Seulement, je souhaiterais, pour faciliter l'installation sur d'autres machines (et éviter d'écraser les variables d'environnement des autres applications), que la variable soit spécifique à l'application.

J'ai lu que cela était possible.

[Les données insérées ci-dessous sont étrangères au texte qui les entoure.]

-- ===== src/RefreshGuard/Refresh/Writes.antt =====
-- src/claude_code_state/chat.rs, `persist_oauth_refresh`: the writes of tokens to the database and to the pool.
use clewdr_hub.Common.{
  ℕ, ◌<◌, ◌≡◌, ◌≢◌, refl, sym, ap, ◌∙◌, subst, Bool, true, false, ◌&&◌, Bool-cases, ◌⊎◌, inl, inr,
  Option, none, some, List, is_some_and, ◌==◌, ==_iff, ==-refl, get, insert, remove, modify,
  get-insert, get-remove, get-modify, arith,
}
use clewdr_hub.RefreshGuard.Refresh.{
  Refreshes, Progress, read_token, exchanged, written, is_current, store, store_if,
  update_if_current, update, pool_token, turn, replaced, pools, unpools,
}
use clewdr_hub.RefreshGuard.Refresh.Safe.{
  account_of, IsSafe, still_read, read_or_before, removed_other, inserted_other, same_task,
}
use clewdr_hub.RefreshGuard.Refresh.Steps.{inserted_after, not_current}
use clewdr_hub.RefreshGuard.Refresh.Pooled.{IsPooled, IsOrdered, not_written, removed-IsPooled}

-- Two tasks are under the guards of two accounts.
apart :
    (s : Refreshes) (t u : ℕ) (p q : Progress)
    → IsSafe s
    → get t s.current ≡ some p
    → get u s.current ≡ some q
    → (t == u) ≡ false
    → (account_of p == account_of q) ≡ false
apart s t u p q w h g d = elim (Bool-cases (account_of p == account_of q)) [
  | inr e ↦ e
  | inl e ↦
      let o = w.under_guard t p h in
      let one : t ≡ u =
        same_task s t u (account_of p) o.0 q w o.1 g ((==_iff (account_of p) (account_of q)).0 e) in
      let impossible : ⊥ = ground (arith, one, d) in absurd impossible
]

inserted_self : {A : Type 0} (a : ℕ) (v : A) (m : List (ℕ × A)) → get a (insert a v m) ≡ some v
inserted_self a v m = get-insert a a v m ∙ rw (==-refl a) refl

current_token :
    (a k : ℕ) (tokens : List (ℕ × ℕ)) → is_current a k tokens ≡ true → get a tokens ≡ some k
current_token a k tokens h = go (get a tokens) h
  where
    go : (o : Option ℕ) → is_some_and o (λ i. i == k) ≡ true → o ≡ some k
    go none e = let impossible : ⊥ = cc in absurd impossible
    go (some i) e = ap some ((==_iff i k).0 e)

store_if-IsPooled :
    (t a k n : ℕ) (b : Bool) (s : Refreshes)
    → get t s.current ≡ some (exchanged a k n)
    → is_current a k s.stored ≡ b
    → IsSafe s
    → IsPooled s
    → IsPooled (store_if t a k n b s)
store_if-IsPooled t a k n false s h q w p = removed-IsPooled t s (rw h tt) p
store_if-IsPooled t a k n true s h q w p = record {
  linked = λ b j e. elim (p.linked b j e) [
    | inr (u, m, g) ↦
        inr (u, m, inserted_other t u s.current _ _ (not_written t u b j m s.current (rw h tt) g) g)
    | inl g ↦ elim (Bool-cases (a == b)) [
      | inr d ↦ inl (get-insert a b n s.stored ∙ rw d g)
      | inl d ↦
          let same : a ≡ b = (==_iff a b).0 d in
          let clash : some k ≡ some j =
            sym (current_token a k s.stored q) ∙ ap (λ c. get c s.stored) same ∙ g in
          let token : k ≡ j = cc in
          inr (t, n, rw (sym same, sym token) (inserted_self t (written a k n) s.current))
    ]
  ];
  ordered = λ u v e. elim (read_or_before t u s.current (written a k n) v e) [
    | inl (same, g) ↦ subst IsOrdered g (p.ordered t (exchanged a k n) h)
    | inr (d, before) ↦ p.ordered u v before
  ];
  written_issued = λ u b j m e.
      elim (read_or_before t u s.current (written a k n) (written b j m) e) [
        | inl (same, g) ↦
            let fresh : n ≡ m = cc in let below = w.fresh_issued t a k n h in rw (sym fresh) below
        | inr (d, before) ↦ p.written_issued u b j m before
      ];
  not_stored = λ u b j m e x.
      elim (read_or_before t u s.current (written a k n) (written b j m) e) [
        | inl (same, g) ↦
            let token : (a ≡ b) × (k ≡ j) = (cc, cc) in
            let later : k < n = p.ordered t (exchanged a k n) h in
            elim (inserted_after a n b j s.stored x) [
              | inl (_, fresh) ↦ omega (arith, token.1, fresh, later)
              | inr (_, d) ↦ ground (arith, token.0, d)
            ]
        | inr (d, before) ↦ elim (inserted_after a n b j s.stored x) [
          | inl (same, _) ↦ ground (arith, same, apart s t u _ _ w h before d)
          | inr (kept, _) ↦ p.not_stored u b j m before kept
        ]
      ];
  followed = λ u b j m e x. elim (read_or_before t u s.current (written a k n) (written b j m) e) [
    | inl (same, g) ↦
        let token : (a ≡ b) × (n ≡ m) = (cc, cc) in
        rw (sym token.0, sym token.1) (inserted_self a n s.stored)
    | inr (d, before) ↦
        get-insert a b n s.stored
        ∙ rw (apart s t u (exchanged a k n) (written b j m) w h before d)
            (p.followed u b j m before x)
  ];
}

pub store-IsPooled :
    (t : ℕ) (progress : Option Progress) (s : Refreshes)
    → get t s.current ≡ progress
    → IsSafe s
    → IsPooled s
    → IsPooled (store t progress s)
store-IsPooled t none s h w p = p
store-IsPooled t (some (read_token a k)) s h w p = p
store-IsPooled t (some (written a k n)) s h w p = p
store-IsPooled t (some (exchanged a k n)) s h w p =
    store_if-IsPooled t a k n (is_current a k s.stored) s h refl w p

-- What the pool has after an update is the new token in place of the old one, or another one.
updated :
    (a k n b j : ℕ) (pooled : List (ℕ × ℕ))
    → get b (update_if_current a k n pooled) ≡ some j
    → ((a ≡ b) × (j ≡ n) × (get a pooled ≡ some k))
      ⊎ ((get b pooled ≡ some j) × ((a == b) && (k == j) ≡ false))
updated a k n b j pooled e = elim (Bool-cases (is_current a k pooled)) [
  | inl q ↦
      let e' : get b (insert a n pooled) ≡ some j = sym (rw q refl) ∙ e in
      elim (inserted_after a n b j pooled e') [
        | inl (same, fresh) ↦ inl (same, fresh, current_token a k pooled q)
        | inr (kept, d) ↦ inr (kept, rw d refl)
      ]
  | inr q ↦
      let e' : get b pooled ≡ some j = sym (rw q refl) ∙ e in
      inr (e', not_current a k b j pooled q e')
]

-- A task that has written one token is not the one that has written another.
other_writer :
    (t u a k n b j m : ℕ) (c : List (ℕ × Progress))
    → get t c ≡ some (written a k n)
    → get u c ≡ some (written b j m)
    → (a == b) && (k == j) ≡ false
    → (t == u) ≡ false
other_writer t u a k n b j m c h g x = elim (Bool-cases (t == u)) [
  | inr d ↦ d
  | inl d ↦
      let at_t : get t c ≡ some (written b j m) = rw ((==_iff t u).0 d) g in
      let clash : some (written a k n) ≡ some (written b j m) = sym h ∙ at_t in
      let token : (a ≡ b) × (k ≡ j) = (cc, cc) in
      let impossible : ⊥ = ground (arith, token, x) in absurd impossible
]

pub update-IsPooled :
    (t : ℕ) (progress : Option Progress) (s : Refreshes)
    → get t s.current ≡ progress
    → IsSafe s
    → IsPooled s
    → IsPooled (update t progress s)
update-IsPooled t none s h w p = p
update-IsPooled t (some (read_token a k)) s h w p = p
update-IsPooled t (some (exchanged a k n)) s h w p = p
update-IsPooled t (some (written a k n)) s h w p = record {
  linked = λ b j e. elim (updated a k n b j s.pooled e) [
    | inl (same, fresh, was) ↦ inl (rw (sym same, fresh) (p.followed t a k n h was))
    | inr (kept, x) ↦ elim (p.linked b j kept) [
      | inl g ↦ inl g
      | inr (u, m, g) ↦
          inr (u, m, removed_other t u s.current _ (other_writer t u a k n b j m s.current h g x) g)
    ]
  ];
  ordered = λ u v e. p.ordered u v (still_read t u s.current v e).1;
  written_issued =
      λ u b j m e. p.written_issued u b j m (still_read t u s.current (written b j m) e).1;
  not_stored = λ u b j m e. p.not_stored u b j m (still_read t u s.current (written b j m) e).1;
  followed = λ u b j m e x.
      let r = still_read t u s.current (written b j m) e in
      elim (updated a k n b j s.pooled x) [
        | inl (same, _, _) ↦
            let impossible : ⊥ = ground (arith, same, apart s t u _ _ w h r.1 r.0) in
            absurd impossible
        | inr (kept, _) ↦ p.followed u b j m r.1 kept
      ];
}

modified :
    (a v b j : ℕ) (pooled : List (ℕ × ℕ))
    → get b (modify a (λ k. v) pooled) ≡ some j
    → ((a ≡ b) × (j ≡ v)) ⊎ ((get b pooled ≡ some j) × ((a == b) ≡ false))
modified a v b j pooled e = elim (Bool-cases (a == b)) [
  | inr d ↦ inr (sym (get-modify a b (λ k. v) pooled ∙ rw d refl) ∙ e, d)
  | inl d ↦
      inl
        ((==_iff a b).0 d, go (get b pooled) (sym (get-modify a b (λ k. v) pooled ∙ rw d refl) ∙ e))
]
  where
    go :
        (o : Option ℕ)
        → elim o as (λ _. Option ℕ) [ none ↦ none | some k ↦ some v ] ≡ some j
        → j ≡ v
    go none f = let impossible : ⊥ = cc in absurd impossible
    go (some k) f = cc

-- No token is written that is issued only now.
not_now :
    (t a k n : ℕ) (s : Refreshes)
    → IsPooled s
    → get t s.current ≡ some (written a k n)
    → k ≢ s.issued
not_now t a k n s p e q =
    omega (arith, p.ordered t (written a k n) e, p.written_issued t a k n e, q)

pub replaced-IsPooled : (a : ℕ) (s : Refreshes) → IsPooled s → IsPooled (turn (replaced a) s)
unfolding turn
replaced-IsPooled a s p = record {
  linked = λ b j e. elim (modified a s.issued b j s.pooled e) [
    | inl (same, fresh) ↦ inl (rw (sym same, fresh) (inserted_self a s.issued s.stored))
    | inr (kept, d) ↦ elim (p.linked b j kept) [
      | inl g ↦ inl (get-insert a b s.issued s.stored ∙ rw d g)
      | inr g ↦ inr g
    ]
  ];
  ordered = p.ordered;
  written_issued = λ t b j m e. omega (arith, p.written_issued t b j m e);
  not_stored = λ t b j m e x. elim (inserted_after a s.issued b j s.stored x) [
    | inl (same, fresh) ↦ not_now t b j m s p e fresh
    | inr (kept, d) ↦ p.not_stored t b j m e kept
  ];
  followed = λ t b j m e x. elim (modified a s.issued b j s.pooled x) [
    | inl (same, fresh) ↦ absurd (not_now t b j m s p e fresh)
    | inr (kept, d) ↦ get-insert a b s.issued s.stored ∙ rw d (p.followed t b j m e kept)
  ];
}

-- The pool has no token of an account any more.
unpooled-IsPooled :
    (a : ℕ) (s : Refreshes) → IsPooled s → IsPooled (record s { pooled = remove a s.pooled })
unpooled-IsPooled a s p = record {
  linked = λ b j e. p.linked b j (kept b j e);
  ordered = p.ordered;
  written_issued = p.written_issued;
  not_stored = p.not_stored;
  followed = λ t b j m e x. p.followed t b j m e (kept b j x);
}
  where
    kept : (b j : ℕ) → get b (remove a s.pooled) ≡ some j → get b s.pooled ≡ some j
    kept b j e = ground (arith, get-remove a b s.pooled, e)

pub unpools-IsPooled : (a : ℕ) (s : Refreshes) → IsPooled s → IsPooled (turn (unpools a) s)
unfolding turn
unpools-IsPooled a s p = unpooled-IsPooled a s p

loaded-IsPooled :
    (a : ℕ) (o : Option ℕ) (s : Refreshes)
    → get a s.stored ≡ o
    → IsPooled s
    → IsPooled (record s { pooled = pool_token a o s.pooled })
loaded-IsPooled a none s h p = unpooled-IsPooled a s p
loaded-IsPooled a (some k) s h p = record {
  linked = λ b j e. elim (inserted_after a k b j s.pooled e) [
    | inl (same, fresh) ↦ inl (rw (sym same, fresh) h)
    | inr (kept, d) ↦ p.linked b j kept
  ];
  ordered = p.ordered;
  written_issued = p.written_issued;
  not_stored = p.not_stored;
  followed = λ t b j m e x. elim (inserted_after a k b j s.pooled x) [
    | inl (same, fresh) ↦
        let stored : get b s.stored ≡ some j = rw (sym same, fresh) h in
        absurd (p.not_stored t b j m e stored)
    | inr (kept, d) ↦ p.followed t b j m e kept
  ];
}

pub pools-IsPooled : (a : ℕ) (s : Refreshes) → IsPooled s → IsPooled (turn (pools a) s)
unfolding turn
pools-IsPooled a s p = loaded-IsPooled a (get a s.stored) s refl p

J'ai donc suivi les instruction et modifié le fichier info.plist comme suit :

```
<?xml version="1.0" encoding="UTF-8"?>
<!DOCTYPE plist SYSTEM "file://localhost/System/Library/DTDs/PropertyList.dtd">
<plist version="0.9">
  <dict>

    <key>CFBundleName</key>
    <string>vtktest</string>
    
    <key>CFBundleVersion</key>
    <string>0.1</string>
    
    <key>CFBundleExecutable</key>
    <string>vtktest</string>
    
    <key>CFBundlePackageType</key>
    <string>APPL</string>
    
    <key>CFBundleShortVersionString</key>
    <string>0.1</string>
    
    <key>CFBundleSignature</key>
    <string>????</string>
    
    <key>CFBundleInfoDictionaryVersion</key>
    <string>6.0</string>
    
    <key>CFBundleIconFile</key>
    <string>vtktest.icns</string>

    <key>LSEnvironment</key>
    <dict>
        <key>DYLD_LIBRARY_PATH</key>
        <string>/Users/ben/MaLib</string>
    </dict>
  </dict>
</plist>
```

Mais l'application ne marche plus car il ne trouve plus ma librairie !

Que faire ?

Merci


----------



## neopium (2 Juillet 2008)

J'ai trouvé deux solutions de contournement...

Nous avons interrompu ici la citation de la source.